Trump announced that the U.S. would charge a 55% tariff on Chinese goods, while Beijing would impose a 10% tariff on U.S. goods. He also proclaimed that China will continue to export magnets and rare earth materials, while the U.S. would allow Chinese students to continue studying the U.S.
Still, Asian markets weren’t thrilled by the news that a deal had, once again, been reached. Hong Kong’s benchmark Hang Seng Index closed down by about 1.4%, while Japan’s Nikkei 225 dropped by about 0.65%. China’s CSI 300 was essentially flat.

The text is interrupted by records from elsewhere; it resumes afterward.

-- ===== src/JoinJob/Columns.antt =====
-- Which columns are left, and that the names stay above their cells.
use quick_mpc.Prelude.{
  ℕ, suc, ◌+◌, ◌<◌, ◌≡◌, refl, ap, ap₂, ◌∙◌, ◌||◌, inl, inr, List, [], ◌∷◌, ◌++◌, map, ◌==◌, arith,
  length, Bool-cases,
}
use quick_mpc.JoinJob.{remove_cells, remove_id_column, join_compute}

-- Behind the matched column everything stays.
remove_cells-after :
    {Cell : Type 0} (front i : ℕ) (row : List Cell)
    → 0 < i
    → front < i + 1
    → remove_cells front i row ≡ row
unfolding remove_cells
remove_cells-after front i [] h k = refl
remove_cells-after front i (c ∷ row) h k =
    ground (arith, remove_cells-after front (i + 1) row (omega arith) (omega arith))

remove_cells-middle :
    {Cell : Type 0} (front i : ℕ) (before : List Cell) (c : Cell) (after : List Cell)
    → 0 < i
    → i + length before + 1 ≡ front
    → remove_cells front i (before ++ c ∷ after) ≡ before ++ after
unfolding remove_cells
remove_cells-middle front i [] c after h e =
    ground (arith, remove_cells-after front (i + 1) after (omega arith) (omega arith), e)
remove_cells-middle front i (b ∷ before) c after h e =
    ground (arith, e, remove_cells-middle front (i + 1) before c after (omega arith) (omega arith))

pub remove_cells_lem :
    {Cell : Type 0} (first : Cell) (before : List Cell) (matched : Cell) (after : List Cell)
    → remove_cells (length before + 2) 0 (first ∷ (before ++ matched ∷ after)) ≡ before ++ after
unfolding remove_cells
remove_cells_lem first before matched after =
    remove_cells-middle (length before + 2) 1 before matched after (omega arith) (omega arith)

-- The cells with the names above them.
unfoldable pub labelled : {Cell Name : Type 0} → List Cell → List Name → List (Cell × Name)
labelled [] names = []
labelled (c ∷ row) [] = []
labelled (c ∷ row) (n ∷ names) = (c, n) ∷ labelled row names

labelled-remove_cells :
    {Cell Name : Type 0} (front i : ℕ) (row : List Cell) (names : List Name)
    → length row ≡ length names
    → labelled (remove_cells front i row) (remove_cells front i names)
      ≡ remove_cells front i (labelled row names)
unfolding remove_cells labelled
labelled-remove_cells front i [] [] h = refl
labelled-remove_cells front i [] (n ∷ names) h = absurd (omega arith)
labelled-remove_cells front i (c ∷ row) [] h = absurd (omega arith)
labelled-remove_cells front i (c ∷ row) (n ∷ names) h =
    elim (Bool-cases (i == 0 || i + 1 == front)) [
      | inl gone ↦ ground (arith, gone, labelled-remove_cells front (i + 1) row names (omega arith))
      | inr kept ↦ ground (arith, kept, labelled-remove_cells front (i + 1) row names (omega arith))
    ]

abbrev pub AllLong : {A : Type 0} → List (List A) → ℕ → Type 0
AllLong [] n = Unit {0}
AllLong (row ∷ rows) n = (length row ≡ n) × AllLong rows n

length-print :
    {A Text : Type 0} (print : A → Text) (row : List A) → length (map print row) ≡ length row
length-print print [] = refl
length-print print (a ∷ row) = ap suc (length-print print row)

labelled-rows :
    {A Text Name : Type 0} (print : A → Text) (front : ℕ) (rows : List (List A)) (names : List Name)
    → AllLong rows (length names)
    → map
        (λ row. labelled row (remove_cells front 0 names))
        (map (remove_cells front 0) (map (map print) rows))
      ≡ map (λ row. remove_cells front 0 (labelled (map print row) names)) rows
labelled-rows print front [] names h = refl
labelled-rows print front (row ∷ rows) names h =
    ap₂ ◌∷◌ (labelled-remove_cells front 0 (map print row) names (length-print print row ∙ h.0))
      (labelled-rows print front rows names h.1)

-- Where every row has a cell for each column, each cell of the result stands under its name: naming the cells
-- of the result gives the printed cells of the table, named first, without the first column and
-- the one that was matched. Of a row whose matched cell stands behind the first one, exactly these
-- two are left out.
pub join_compute_lem :
    {A Text Name : Type 0} (print : A → Text) (rows : List (List A)) (names : List Name)
    (first : Text × Name) (before : List (Text × Name)) (matched : Text × Name)
    (after : List (Text × Name)) (front : ℕ)
    → AllLong rows (length names)
    → front ≡ length before + 2
    → (map
          (λ row. labelled row (join_compute print rows names front).1)
          (join_compute print rows names front).0
        ≡ map (λ row. remove_cells front 0 (labelled (map print row) names)) rows)
      × (remove_cells front 0 (first ∷ (before ++ matched ∷ after)) ≡ before ++ after)
unfolding join_compute remove_id_column
join_compute_lem print rows names first before matched after front h e =
    (labelled-rows print front rows names h, rw e (remove_cells_lem first before matched after))
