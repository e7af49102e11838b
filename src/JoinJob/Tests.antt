-- ===== src/JoinJob/Tests.antt =====
-- A joined table of four columns, matched in the third.
use quick_mpc.Prelude.{ℕ, ◌≡◌, refl, List, [], ◌∷◌}
use quick_mpc.JoinJob.{remove_cells, remove_id_column, join_compute}

abbrev joined : List (List ℕ)
joined = (1 ∷ 50 ∷ 7 ∷ 60 ∷ []) ∷ (2 ∷ 51 ∷ 8 ∷ 61 ∷ []) ∷ []

join_small :
    join_compute {A = ℕ} {Text = ℕ} {Name = ℕ} (λ a. a) joined (11 ∷ 12 ∷ 13 ∷ 14 ∷ []) 3
    ≡ ((50 ∷ 60 ∷ []) ∷ (51 ∷ 61 ∷ []) ∷ [], 12 ∷ 14 ∷ [])
unfolding join_compute remove_id_column remove_cells
join_small = refl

Another reason might be that the deal—even in the form Trump characterized in his social media post—merely brings things back to the level proposed on April 2, or “Liberation Day.” Then, Trump announced a 34% “reciprocal tariff” on Chinese imports which, on top of a previously announced 20% tariff tied to Beijing allegedly not doing enough to stop fentanyl smuggling, hiked rates to 54%.

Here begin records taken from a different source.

-- ===== src/Tools/Command/Reads.antt =====
-- Readings of known fields: a parser that meets the bits of some fields gives their values and stops
-- behind them.
use rust_pois.Prelude.{
  ℕ, ◌+◌, ◌*◌, ◌/◌, ◌%◌, ◌^◌, ◌≤◌, ◌<◌, ◌≡◌, refl, sym, ap, ap₂, ◌∙◌, List, [], ◌∷◌, ◌++◌, arith,
  length, drop, ◌==◌, ok, append_assoc, append-nil, drop-drop, drop-length, length-append,
  length-drop, leb, ltb, false,
}
use rust_pois.Bits.{to_bits, unpack}
use rust_pois.Bits.Number.{to_bits-IsBit, length-to_bits, from_bits-to_bits_zero}
use rust_pois.Bits.Stream.{length-unpack}
use rust_pois.Scte35.Fields.{
  Field, ◌is◌, bits_of, width, bits_of-append, length-bits_of, width-append,
}
use rust_pois.Tools.Reader.{
  BitReader, P, advance, narrow, read_rounds, read_bits, read_u8, read_u16, read_u32, read_u64,
  skip_bits,
}
use rust_pois.Tools.Reader.Laws.{At, read_rounds-At, advance_to, from_bits-lt}
use rust_pois.Tools.Command.{continue, ◌>>=◌, pure, read_flag}

pub record Reads {A : Type 0} (m : P A) (fs : List Field) (a : A) : Type 0 where
  pub run :
      (r : BitReader) (rest : List ℕ)
      → 8 * length r.source < 2 ^ 64
      → At r (bits_of fs ++ rest)
      → m r ≡ (ok a, advance (width fs) r)

At-advance :
    (r : BitReader) (fs : List Field) (rest : List ℕ)
    → At r (bits_of fs ++ rest)
    → At (advance (width fs) r) rest
At-advance r fs rest at =
    sym (drop-drop (width fs) r.bitpos (unpack r.source))
    ∙ ap (λ (l : List ℕ). drop (width fs) l) at
    ∙ drop-length (bits_of fs) rest (width fs) (length-bits_of fs)

pub Reads-pure : {A : Type 0} (a : A) → Reads (pure a) [] a
Reads-pure a = record {
  run = λ r rest small at.
      ap (λ (r' : BitReader). (ok a, r')) (ap (λ (q : ℕ). record r { bitpos = q }) (omega arith));
}

bind-continue :
    {A B : Type 0} (m : P A) (f : A → P B) (r : BitReader) → (m >>= f) r ≡ continue f (m r)
unfolding ◌>>=◌
bind-continue m f r = refl

pub Reads-seq :
    {A B : Type 0} {m : P A} (f : A → P B) (fs : List Field) {gs : List Field} {a : A} {b : B}
    → Reads m fs a
    → Reads (f a) gs b
    → Reads (m >>= f) (fs ++ gs) b
Reads-seq {m = m} f fs {gs = gs} {a = a} {b = b} hm hf = record {
  run = λ r rest small at.
      let split =
        at
        ∙ ap (λ (l : List ℕ). l ++ rest) (bits_of-append fs gs)
        ∙ append_assoc (bits_of fs) (bits_of gs) rest in
      let first = hm.run r (bits_of gs ++ rest) small split in
      let second =
        hf.run (advance (width fs) r) rest small (At-advance r fs (bits_of gs ++ rest) split) in
      bind-continue m f r
      ∙ ap (continue f) first
      ∙ second
      ∙ ap (λ (r' : BitReader). (ok b, r'))
          (advance_to r (width fs) (width gs) (width (fs ++ gs)) (sym (width-append fs gs)));
}

-- One field, then others.
pub Reads-then :
    {A B : Type 0} {m : P A} (f : A → P B) {x : Field} {gs : List Field} {a : A} {b : B}
    → Reads m (x ∷ []) a
    → Reads (f a) gs b
    → Reads (m >>= f) (x ∷ gs) b
Reads-then f {x = x} hm hf = Reads-seq f (x ∷ []) hm hf

one_field : (n v : ℕ) (rest : List ℕ) → bits_of (n is v ∷ []) ++ rest ≡ to_bits n v ++ rest
one_field n v rest = ap (λ (l : List ℕ). l ++ rest) (append-nil (to_bits n v))

module _ (n v : ℕ) (small : n ≤ 64) where
  pub Reads-bits : Reads (read_bits n) (n is v ∷ []) (v % 2 ^ n)
  unfolding read_bits
  Reads-bits = record {
    run = λ r rest room at.
        let len = length-to_bits n v in
        let fits =
          from_bits-lt (to_bits n v) 0 0 (to_bits-IsBit n v) (omega arith) (omega (arith, len)) in
        let go =
          read_rounds-At (to_bits n v) rest 0 r (to_bits-IsBit n v) fits
            (at ∙ one_field n v rest) in
        let wide : length (to_bits n v) ≡ n + 0 = omega (arith, len) in
        ap (λ (k : ℕ). read_rounds k 0 r) (sym len)
        ∙ go
        ∙ ap₂ (λ (t k : ℕ). (ok t, advance k r)) (from_bits-to_bits_zero n v) wide;
  }

  pub Reads-u8 : Reads (read_u8 n) (n is v ∷ []) (v % 2 ^ n % 2 ^ 8)
  unfolding read_u8
  Reads-u8 = record { run = λ r rest room at. ap (narrow 8) (Reads-bits.run r rest room at) }

  pub Reads-u16 : Reads (read_u16 n) (n is v ∷ []) (v % 2 ^ n % 2 ^ 16)
  unfolding read_u16
  Reads-u16 = record { run = λ r rest room at. ap (narrow 16) (Reads-bits.run r rest room at) }

  pub Reads-u32 : Reads (read_u32 n) (n is v ∷ []) (v % 2 ^ n % 2 ^ 32)
  unfolding read_u32
  Reads-u32 = record { run = λ r rest room at. ap (narrow 32) (Reads-bits.run r rest room at) }

  pub Reads-u64 : Reads (read_u64 n) (n is v ∷ []) (v % 2 ^ n)
  unfolding read_u64
  Reads-u64 = Reads-bits

pub Reads-flag : (v : ℕ) → Reads read_flag (1 is v ∷ []) (v % 2 ^ 1 % 2 ^ 8 == 1)
Reads-flag v = Reads-then _ (Reads-u8 1 v (omega arith)) (Reads-pure _)

drop-length_le :
    (p : ℕ) (l bits : List ℕ) → 0 < length bits → drop p l ≡ bits → p + length bits ≤ length l
drop-length_le p l bits pos e = omega (arith, ap (λ (x : List ℕ). length x) e, length-drop p l)

pub Reads-skip : (n v : ℕ) → 0 < n → Reads (skip_bits n) (n is v ∷ []) tt
unfolding skip_bits
Reads-skip n v pos = record {
  run = λ r rest room at.
      let long : length (bits_of (n is v ∷ []) ++ rest) ≡ n + length rest =
        ap (λ (l : List ℕ). length l) (one_field n v rest)
        ∙ length-append (to_bits n v) rest
        ∙ ap (λ (k : ℕ). k + length rest) (length-to_bits n v) in
      let inside : r.bitpos + n ≤ 8 * length r.source = omega (
        arith,
        long,
        drop-length_le r.bitpos (unpack r.source) _ (omega (arith, long)) at,
        length-unpack r.source,
      ) in
      let no_overflow : leb (2 ^ 64) (r.bitpos + n) ≡ false = ground arith in
      let in_bounds : ltb (length r.source) ((r.bitpos + n) / 8) ≡ false = ground arith in
      let wide : n ≡ n + 0 = omega arith in
      rw (no_overflow, in_bounds) (ap (λ (k : ℕ). (ok tt, advance k r)) wide);
}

Tariffs on Chinese imports rose to a staggeringly high 145% after rounds of tit-for-tat retaliation. Yet economists think that even a 55% tariff is close to the level where most goods trade between the U.S. and China would be wiped out.
Analysts expect tariffs to cause a rise in inflation in the coming months, even though recent inflation data has come in cooler than expected.
Trump’s post also refers to two issues that have frustrated both sides since last month’s agreement in Geneva.
The U.S. has accused Beijing of being slow to facilitate exports of rare earths. China holds a dominant position in the production of these materials.
In his post, Trump also pledged to allow Chinese students to continue studying in the U.S.
There are around 280,000 Chinese students currently studying in the U.S. Higher education is a U.S. export.
In his Wednesday post, Trump said that he had “always been good” with Chinese students attending U.S. universities.
U.S. investors on Wednesday were cool to Trump’s announcement of his “done” deal. The S&P 500 dipped by 0.27%, while the Nasdaq 100 fell by 0.5%.
As of 4:00 a.m. Eastern time, S&P 500 futures are down by 0.4%.
The 90-day window for U.S. trading partners to negotiate a deal to avoid Trump’s “Liberation Day” tariffs is fast closing. Unless the U.S. extends the tariff pause, which applies to all countries except China, import duties will rise far beyond the current flat 10% rate in early July.
So far, the U.S. has only managed to successfully negotiate a deal with the U.K. Officials are currently talking with several other economies, including India, Japan, South Korea and the European Union.
Update June 12, 2025: This story has been updated to include comments from China’s Ministry of Foreign Affairs’ regular press briefing.